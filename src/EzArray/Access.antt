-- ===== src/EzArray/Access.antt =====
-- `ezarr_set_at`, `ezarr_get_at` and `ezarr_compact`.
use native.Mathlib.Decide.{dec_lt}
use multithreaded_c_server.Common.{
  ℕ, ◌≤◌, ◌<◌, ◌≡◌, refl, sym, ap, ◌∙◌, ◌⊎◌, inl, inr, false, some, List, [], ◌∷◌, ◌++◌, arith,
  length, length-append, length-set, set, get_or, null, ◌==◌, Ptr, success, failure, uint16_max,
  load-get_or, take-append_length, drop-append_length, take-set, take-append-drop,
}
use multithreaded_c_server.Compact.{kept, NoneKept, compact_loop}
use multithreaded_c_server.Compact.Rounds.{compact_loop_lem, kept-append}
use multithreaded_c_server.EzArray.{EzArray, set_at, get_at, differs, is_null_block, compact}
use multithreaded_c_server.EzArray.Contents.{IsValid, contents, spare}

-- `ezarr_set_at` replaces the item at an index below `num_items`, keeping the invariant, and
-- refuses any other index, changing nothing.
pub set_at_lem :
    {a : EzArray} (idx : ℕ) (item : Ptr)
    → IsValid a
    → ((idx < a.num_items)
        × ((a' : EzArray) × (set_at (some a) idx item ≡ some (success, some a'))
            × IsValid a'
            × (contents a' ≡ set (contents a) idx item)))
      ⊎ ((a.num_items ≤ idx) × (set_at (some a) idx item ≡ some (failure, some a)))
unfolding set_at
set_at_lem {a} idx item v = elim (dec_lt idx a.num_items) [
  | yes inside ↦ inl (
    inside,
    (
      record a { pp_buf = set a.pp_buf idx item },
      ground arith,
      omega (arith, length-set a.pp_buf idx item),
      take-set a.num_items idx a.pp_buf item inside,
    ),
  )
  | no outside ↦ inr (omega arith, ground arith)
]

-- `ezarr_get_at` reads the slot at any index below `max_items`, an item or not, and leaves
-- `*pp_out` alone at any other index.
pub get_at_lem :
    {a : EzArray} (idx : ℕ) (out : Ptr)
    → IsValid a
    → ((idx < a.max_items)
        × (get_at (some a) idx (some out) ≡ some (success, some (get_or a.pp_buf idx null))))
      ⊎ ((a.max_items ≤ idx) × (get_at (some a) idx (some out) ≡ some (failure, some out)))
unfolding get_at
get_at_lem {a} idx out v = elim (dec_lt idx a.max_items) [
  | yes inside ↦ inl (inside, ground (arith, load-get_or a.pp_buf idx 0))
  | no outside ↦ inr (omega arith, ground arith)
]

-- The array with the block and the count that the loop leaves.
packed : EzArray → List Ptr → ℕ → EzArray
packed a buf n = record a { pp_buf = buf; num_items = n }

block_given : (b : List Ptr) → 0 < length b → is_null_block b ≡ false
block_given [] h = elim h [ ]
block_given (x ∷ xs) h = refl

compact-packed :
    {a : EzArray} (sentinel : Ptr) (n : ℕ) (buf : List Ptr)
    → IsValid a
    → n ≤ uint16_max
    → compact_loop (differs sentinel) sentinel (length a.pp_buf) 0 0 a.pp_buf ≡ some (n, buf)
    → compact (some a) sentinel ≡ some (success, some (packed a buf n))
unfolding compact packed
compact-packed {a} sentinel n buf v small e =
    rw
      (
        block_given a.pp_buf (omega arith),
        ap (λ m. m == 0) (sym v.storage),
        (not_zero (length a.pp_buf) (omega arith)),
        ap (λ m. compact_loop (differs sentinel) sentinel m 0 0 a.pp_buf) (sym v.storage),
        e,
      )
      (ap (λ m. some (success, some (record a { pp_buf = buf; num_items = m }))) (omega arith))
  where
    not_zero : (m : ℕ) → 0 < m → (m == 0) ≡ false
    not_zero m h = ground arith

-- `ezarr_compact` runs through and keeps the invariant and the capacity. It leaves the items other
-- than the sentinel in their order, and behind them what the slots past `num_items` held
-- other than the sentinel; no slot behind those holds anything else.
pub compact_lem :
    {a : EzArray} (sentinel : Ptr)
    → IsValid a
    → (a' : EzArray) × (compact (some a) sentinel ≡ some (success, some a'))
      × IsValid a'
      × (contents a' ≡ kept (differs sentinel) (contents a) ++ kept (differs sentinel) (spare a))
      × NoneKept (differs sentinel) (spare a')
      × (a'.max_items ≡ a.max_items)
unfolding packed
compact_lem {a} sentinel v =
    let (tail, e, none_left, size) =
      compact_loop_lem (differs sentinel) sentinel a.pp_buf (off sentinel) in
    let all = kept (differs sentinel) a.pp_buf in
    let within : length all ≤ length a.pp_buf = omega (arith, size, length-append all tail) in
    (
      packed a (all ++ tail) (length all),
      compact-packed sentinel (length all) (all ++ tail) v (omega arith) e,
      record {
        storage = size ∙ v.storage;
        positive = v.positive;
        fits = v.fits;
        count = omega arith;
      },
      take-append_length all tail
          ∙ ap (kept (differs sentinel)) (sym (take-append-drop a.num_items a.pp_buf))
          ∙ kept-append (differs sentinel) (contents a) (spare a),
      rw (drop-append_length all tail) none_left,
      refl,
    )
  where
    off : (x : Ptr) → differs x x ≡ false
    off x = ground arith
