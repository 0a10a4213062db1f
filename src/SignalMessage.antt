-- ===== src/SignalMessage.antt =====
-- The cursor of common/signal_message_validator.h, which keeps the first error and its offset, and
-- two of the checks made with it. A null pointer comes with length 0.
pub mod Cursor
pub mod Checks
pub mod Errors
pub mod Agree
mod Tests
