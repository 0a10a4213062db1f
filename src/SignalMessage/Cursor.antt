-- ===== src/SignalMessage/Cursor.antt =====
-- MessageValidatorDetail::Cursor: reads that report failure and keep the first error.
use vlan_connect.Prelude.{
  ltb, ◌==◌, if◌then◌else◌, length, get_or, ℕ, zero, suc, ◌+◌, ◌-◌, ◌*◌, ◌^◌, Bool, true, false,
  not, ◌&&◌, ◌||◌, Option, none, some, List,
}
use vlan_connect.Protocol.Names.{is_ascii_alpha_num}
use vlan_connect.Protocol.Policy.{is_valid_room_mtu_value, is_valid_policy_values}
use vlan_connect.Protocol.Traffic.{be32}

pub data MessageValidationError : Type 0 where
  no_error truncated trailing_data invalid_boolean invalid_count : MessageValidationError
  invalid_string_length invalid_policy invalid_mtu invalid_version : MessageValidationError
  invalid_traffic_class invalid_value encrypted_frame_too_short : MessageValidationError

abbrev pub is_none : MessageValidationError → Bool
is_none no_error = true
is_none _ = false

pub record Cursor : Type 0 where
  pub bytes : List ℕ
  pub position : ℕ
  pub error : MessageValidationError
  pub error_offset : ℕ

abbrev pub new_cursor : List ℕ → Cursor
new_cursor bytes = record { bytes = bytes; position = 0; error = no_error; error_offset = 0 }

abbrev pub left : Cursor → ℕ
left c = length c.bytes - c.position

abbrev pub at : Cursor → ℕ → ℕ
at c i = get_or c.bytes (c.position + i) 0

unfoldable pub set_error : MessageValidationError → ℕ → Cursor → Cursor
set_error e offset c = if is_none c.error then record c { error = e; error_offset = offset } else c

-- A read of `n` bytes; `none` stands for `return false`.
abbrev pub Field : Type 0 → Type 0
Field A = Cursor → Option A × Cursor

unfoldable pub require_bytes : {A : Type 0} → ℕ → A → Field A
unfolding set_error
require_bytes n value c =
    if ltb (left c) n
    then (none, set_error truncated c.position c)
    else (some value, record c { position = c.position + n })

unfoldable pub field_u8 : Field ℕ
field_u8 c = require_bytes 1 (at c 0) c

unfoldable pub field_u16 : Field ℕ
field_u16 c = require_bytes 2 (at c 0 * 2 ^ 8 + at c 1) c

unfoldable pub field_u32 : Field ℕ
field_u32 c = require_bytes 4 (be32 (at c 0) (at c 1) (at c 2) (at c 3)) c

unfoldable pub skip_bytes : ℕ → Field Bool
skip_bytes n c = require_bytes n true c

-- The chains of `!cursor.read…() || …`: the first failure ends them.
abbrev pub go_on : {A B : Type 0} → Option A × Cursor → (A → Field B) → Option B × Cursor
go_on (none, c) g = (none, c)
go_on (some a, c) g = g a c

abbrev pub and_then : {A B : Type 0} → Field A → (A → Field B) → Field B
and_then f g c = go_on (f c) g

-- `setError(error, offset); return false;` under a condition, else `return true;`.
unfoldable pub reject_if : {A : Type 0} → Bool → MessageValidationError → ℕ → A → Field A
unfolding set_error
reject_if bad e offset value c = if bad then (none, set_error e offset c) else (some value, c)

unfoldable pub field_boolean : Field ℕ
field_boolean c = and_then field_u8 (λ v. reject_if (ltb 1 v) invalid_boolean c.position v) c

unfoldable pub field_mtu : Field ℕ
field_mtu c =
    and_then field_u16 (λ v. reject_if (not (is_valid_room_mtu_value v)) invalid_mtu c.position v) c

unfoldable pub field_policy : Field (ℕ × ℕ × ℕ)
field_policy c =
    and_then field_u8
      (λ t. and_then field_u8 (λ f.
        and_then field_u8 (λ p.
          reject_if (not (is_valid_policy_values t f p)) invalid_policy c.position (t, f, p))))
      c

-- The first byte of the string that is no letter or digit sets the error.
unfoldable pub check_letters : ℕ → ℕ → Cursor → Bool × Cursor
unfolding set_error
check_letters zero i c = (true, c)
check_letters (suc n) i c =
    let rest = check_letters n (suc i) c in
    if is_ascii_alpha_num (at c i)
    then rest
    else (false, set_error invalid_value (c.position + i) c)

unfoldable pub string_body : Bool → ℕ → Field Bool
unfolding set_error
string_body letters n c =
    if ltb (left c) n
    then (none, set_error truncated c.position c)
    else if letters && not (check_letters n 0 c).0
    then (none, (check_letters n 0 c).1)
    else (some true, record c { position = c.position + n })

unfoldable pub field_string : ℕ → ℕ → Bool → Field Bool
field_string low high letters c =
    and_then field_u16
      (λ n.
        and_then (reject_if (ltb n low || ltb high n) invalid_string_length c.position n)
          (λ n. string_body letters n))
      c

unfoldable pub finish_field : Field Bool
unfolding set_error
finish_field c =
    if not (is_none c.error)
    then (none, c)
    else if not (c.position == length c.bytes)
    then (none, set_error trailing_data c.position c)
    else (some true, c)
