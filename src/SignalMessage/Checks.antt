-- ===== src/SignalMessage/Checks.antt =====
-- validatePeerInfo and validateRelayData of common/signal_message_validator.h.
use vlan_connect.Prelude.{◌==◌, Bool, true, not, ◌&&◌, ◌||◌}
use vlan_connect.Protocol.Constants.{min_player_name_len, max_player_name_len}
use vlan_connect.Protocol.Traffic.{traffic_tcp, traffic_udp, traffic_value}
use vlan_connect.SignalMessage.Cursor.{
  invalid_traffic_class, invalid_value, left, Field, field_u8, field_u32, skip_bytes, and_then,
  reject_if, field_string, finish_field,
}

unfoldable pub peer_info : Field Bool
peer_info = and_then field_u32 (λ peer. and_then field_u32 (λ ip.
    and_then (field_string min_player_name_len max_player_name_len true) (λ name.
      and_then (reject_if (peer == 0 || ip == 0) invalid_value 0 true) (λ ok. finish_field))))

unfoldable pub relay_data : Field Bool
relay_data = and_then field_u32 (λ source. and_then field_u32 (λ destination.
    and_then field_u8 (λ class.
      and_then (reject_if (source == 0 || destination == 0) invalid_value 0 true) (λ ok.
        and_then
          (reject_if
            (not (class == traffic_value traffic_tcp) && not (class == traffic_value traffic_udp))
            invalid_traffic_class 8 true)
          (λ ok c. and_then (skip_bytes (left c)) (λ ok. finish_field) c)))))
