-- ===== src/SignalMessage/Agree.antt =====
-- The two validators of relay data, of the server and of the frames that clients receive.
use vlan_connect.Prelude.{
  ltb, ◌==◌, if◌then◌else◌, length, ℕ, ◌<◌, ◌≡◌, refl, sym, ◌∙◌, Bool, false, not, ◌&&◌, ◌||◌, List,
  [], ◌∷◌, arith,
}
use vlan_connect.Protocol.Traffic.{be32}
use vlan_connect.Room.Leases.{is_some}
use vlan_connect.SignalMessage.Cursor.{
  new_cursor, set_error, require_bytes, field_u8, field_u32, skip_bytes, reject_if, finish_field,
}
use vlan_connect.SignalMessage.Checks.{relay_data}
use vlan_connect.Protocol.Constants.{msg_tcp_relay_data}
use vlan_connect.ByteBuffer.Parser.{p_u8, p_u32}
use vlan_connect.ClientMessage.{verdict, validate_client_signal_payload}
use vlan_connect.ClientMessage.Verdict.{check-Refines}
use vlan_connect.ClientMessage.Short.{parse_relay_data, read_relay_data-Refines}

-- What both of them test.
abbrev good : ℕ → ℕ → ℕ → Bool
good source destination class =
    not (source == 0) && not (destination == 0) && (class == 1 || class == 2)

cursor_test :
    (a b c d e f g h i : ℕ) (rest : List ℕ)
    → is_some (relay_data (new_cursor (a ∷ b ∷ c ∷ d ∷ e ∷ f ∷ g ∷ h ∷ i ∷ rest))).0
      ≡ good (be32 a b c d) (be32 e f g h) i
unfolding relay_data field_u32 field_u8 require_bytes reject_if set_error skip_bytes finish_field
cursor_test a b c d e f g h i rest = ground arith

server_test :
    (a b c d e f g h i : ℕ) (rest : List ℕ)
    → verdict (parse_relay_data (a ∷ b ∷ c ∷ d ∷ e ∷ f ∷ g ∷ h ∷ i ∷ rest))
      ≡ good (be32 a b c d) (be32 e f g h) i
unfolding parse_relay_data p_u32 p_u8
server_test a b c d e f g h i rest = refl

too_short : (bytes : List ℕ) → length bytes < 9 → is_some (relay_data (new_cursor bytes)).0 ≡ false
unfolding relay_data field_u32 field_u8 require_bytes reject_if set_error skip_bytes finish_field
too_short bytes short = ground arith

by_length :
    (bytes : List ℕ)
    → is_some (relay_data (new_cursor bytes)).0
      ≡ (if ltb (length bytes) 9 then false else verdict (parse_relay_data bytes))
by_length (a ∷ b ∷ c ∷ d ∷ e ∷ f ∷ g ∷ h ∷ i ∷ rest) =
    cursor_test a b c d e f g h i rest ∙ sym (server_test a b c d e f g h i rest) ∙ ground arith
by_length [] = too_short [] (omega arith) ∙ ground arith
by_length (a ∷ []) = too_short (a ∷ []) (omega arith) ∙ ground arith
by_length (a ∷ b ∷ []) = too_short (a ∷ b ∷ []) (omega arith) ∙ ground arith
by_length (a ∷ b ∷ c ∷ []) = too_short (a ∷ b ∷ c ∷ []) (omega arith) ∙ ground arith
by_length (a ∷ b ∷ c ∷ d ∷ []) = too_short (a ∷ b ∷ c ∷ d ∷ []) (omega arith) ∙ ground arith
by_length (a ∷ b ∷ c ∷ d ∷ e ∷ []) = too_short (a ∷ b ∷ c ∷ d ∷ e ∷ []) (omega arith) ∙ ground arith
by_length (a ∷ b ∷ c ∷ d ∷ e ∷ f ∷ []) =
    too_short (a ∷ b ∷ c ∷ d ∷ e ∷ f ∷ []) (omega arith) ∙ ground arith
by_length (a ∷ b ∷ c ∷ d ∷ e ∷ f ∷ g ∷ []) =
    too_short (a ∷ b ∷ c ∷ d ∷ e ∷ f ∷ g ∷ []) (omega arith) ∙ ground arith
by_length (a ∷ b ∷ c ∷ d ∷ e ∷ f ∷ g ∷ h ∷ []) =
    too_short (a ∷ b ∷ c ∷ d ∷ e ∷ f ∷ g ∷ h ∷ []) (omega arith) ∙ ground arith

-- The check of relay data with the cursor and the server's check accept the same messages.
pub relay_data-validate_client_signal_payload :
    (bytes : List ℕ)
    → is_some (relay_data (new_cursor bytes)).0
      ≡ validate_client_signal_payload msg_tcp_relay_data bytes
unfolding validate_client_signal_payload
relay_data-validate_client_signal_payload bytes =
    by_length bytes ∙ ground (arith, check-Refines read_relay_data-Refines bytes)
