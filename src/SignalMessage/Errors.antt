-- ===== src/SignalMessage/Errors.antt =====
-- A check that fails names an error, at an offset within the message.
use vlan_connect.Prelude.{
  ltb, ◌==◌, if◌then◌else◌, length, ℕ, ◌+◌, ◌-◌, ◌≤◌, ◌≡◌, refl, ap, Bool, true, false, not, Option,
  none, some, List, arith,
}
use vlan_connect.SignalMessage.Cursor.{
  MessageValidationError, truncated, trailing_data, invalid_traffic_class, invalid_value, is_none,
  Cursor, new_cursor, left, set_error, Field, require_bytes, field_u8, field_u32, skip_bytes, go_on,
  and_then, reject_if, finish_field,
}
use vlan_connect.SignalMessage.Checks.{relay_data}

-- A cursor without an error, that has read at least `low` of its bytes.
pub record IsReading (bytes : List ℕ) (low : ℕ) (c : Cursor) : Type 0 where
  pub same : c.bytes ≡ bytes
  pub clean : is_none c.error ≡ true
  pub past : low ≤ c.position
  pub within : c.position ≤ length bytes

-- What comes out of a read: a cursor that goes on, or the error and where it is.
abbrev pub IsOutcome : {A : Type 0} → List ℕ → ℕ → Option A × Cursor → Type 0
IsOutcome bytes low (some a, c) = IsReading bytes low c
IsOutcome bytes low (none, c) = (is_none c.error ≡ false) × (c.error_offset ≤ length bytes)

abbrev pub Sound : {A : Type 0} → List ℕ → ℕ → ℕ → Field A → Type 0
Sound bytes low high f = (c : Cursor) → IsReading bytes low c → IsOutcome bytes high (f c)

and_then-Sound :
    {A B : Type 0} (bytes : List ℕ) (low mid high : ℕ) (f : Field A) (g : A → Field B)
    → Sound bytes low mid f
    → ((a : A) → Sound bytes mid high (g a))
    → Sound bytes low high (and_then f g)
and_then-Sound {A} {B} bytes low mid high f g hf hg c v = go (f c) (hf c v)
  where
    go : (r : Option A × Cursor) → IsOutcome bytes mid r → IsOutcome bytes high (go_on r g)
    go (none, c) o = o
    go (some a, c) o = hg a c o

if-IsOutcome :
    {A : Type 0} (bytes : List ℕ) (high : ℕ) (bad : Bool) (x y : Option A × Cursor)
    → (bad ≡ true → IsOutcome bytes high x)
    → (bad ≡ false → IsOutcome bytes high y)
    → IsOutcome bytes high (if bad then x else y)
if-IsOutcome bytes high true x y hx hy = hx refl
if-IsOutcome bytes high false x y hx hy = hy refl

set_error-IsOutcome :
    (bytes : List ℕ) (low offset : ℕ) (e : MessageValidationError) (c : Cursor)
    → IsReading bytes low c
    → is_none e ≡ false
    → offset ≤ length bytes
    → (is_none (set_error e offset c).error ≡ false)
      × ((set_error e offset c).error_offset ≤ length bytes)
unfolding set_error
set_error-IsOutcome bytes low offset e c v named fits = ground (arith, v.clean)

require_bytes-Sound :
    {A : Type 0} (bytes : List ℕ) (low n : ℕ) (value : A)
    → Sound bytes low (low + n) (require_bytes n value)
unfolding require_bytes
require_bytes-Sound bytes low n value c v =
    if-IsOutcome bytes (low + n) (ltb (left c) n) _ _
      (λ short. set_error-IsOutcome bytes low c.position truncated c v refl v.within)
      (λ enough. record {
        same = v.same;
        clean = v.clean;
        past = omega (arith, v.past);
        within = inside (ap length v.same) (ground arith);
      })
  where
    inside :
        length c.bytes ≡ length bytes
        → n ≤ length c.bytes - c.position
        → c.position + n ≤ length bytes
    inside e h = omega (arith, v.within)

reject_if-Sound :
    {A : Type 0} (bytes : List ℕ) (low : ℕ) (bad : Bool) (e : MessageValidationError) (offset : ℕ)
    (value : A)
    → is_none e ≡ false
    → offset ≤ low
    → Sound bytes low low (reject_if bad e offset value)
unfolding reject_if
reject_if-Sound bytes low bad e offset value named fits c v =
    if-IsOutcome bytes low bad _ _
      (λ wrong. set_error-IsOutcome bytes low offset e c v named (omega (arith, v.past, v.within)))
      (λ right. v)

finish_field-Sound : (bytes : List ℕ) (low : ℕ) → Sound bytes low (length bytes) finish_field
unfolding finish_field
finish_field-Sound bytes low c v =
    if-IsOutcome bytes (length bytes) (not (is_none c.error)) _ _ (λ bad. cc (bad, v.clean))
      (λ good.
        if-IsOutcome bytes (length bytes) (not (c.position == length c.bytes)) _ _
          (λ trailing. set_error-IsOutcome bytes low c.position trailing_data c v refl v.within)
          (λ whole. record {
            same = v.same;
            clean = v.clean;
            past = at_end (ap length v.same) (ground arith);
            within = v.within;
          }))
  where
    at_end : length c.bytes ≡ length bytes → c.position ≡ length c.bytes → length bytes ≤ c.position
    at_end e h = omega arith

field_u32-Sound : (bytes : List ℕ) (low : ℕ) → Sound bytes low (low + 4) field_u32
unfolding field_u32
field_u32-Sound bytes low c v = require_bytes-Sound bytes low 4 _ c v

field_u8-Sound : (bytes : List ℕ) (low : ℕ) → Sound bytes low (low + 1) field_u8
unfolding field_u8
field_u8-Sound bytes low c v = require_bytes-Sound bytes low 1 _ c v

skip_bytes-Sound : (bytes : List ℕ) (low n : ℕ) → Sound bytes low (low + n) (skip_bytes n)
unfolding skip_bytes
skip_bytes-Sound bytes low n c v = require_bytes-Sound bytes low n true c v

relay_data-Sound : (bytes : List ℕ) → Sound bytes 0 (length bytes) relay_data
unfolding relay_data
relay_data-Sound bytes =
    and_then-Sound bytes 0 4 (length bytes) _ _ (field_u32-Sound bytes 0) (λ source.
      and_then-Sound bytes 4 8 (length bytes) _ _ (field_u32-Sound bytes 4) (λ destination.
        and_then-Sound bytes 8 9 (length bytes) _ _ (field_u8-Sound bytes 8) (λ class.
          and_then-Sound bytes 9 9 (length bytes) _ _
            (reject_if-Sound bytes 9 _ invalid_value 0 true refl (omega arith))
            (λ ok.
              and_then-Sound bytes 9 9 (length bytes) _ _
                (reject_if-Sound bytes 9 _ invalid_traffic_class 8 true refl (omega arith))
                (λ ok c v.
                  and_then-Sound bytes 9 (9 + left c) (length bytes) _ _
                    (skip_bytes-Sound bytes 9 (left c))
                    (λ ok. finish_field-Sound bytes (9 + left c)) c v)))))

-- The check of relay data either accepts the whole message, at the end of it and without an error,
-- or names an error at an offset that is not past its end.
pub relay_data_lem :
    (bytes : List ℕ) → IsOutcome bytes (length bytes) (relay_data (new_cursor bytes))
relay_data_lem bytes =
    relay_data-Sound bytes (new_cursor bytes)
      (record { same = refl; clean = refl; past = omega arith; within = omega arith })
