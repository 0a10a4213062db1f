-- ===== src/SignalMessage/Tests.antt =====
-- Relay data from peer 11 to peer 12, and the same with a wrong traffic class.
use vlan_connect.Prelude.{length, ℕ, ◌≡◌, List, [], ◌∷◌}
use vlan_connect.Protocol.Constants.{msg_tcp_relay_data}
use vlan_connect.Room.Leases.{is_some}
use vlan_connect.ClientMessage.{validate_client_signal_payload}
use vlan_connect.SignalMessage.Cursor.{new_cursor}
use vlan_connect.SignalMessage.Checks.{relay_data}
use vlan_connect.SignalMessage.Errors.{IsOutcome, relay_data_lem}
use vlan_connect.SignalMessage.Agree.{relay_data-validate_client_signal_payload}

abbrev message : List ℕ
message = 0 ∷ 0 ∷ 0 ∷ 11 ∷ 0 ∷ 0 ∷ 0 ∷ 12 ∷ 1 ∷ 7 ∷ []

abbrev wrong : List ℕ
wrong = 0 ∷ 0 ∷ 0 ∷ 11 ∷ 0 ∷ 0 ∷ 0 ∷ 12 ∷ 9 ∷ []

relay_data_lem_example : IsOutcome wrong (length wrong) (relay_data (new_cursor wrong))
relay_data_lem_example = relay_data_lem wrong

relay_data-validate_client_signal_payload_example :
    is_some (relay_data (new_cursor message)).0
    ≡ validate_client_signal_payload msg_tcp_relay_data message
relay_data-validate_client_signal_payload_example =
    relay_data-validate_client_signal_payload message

● ● ● ● ●

Copy the records above exactly, beginning at the line that contains "pp_buf = set" and stopping after the line that contains "some (n, buf)".

§ **Answer**
      record a { pp_buf = set a.pp_buf idx item },
      ground arith,
      omega (arith, length-set a.pp_buf idx item),
      take-set a.num_items idx a.pp_buf item inside,
    ),
  )
  | no outside ↦ inr (omega arith, ground arith)
]

-- `ezarr_get_at` reads the slot at any index below `max_items`, an item or not, and leaves
-- `*pp_out` alone at any other index.
pub get_at_lem :
    {a : EzArray} (idx : ℕ) (out : Ptr)
    → IsValid a
    → ((idx < a.max_items)
        × (get_at (some a) idx (some out) ≡ some (success, some (get_or a.pp_buf idx null))))
      ⊎ ((a.max_items ≤ idx) × (get_at (some a) idx (some out) ≡ some (failure, some out)))
unfolding get_at
get_at_lem {a} idx out v = elim (dec_lt idx a.max_items) [
  | yes inside ↦ inl (inside, ground (arith, load-get_or a.pp_buf idx 0))
  | no outside ↦ inr (omega arith, ground arith)
]

-- The array with the block and the count that the loop leaves.
packed : EzArray → List Ptr → ℕ → EzArray
packed a buf n = record a { pp_buf = buf; num_items = n }

block_given : (b : List Ptr) → 0 < length b → is_null_block b ≡ false
block_given [] h = elim h [ ]
block_given (x ∷ xs) h = refl

compact-packed :
    {a : EzArray} (sentinel : Ptr) (n : ℕ) (buf : List Ptr)
    → IsValid a
    → n ≤ uint16_max
    → compact_loop (differs sentinel) sentinel (length a.pp_buf) 0 0 a.pp_buf ≡ some (n, buf)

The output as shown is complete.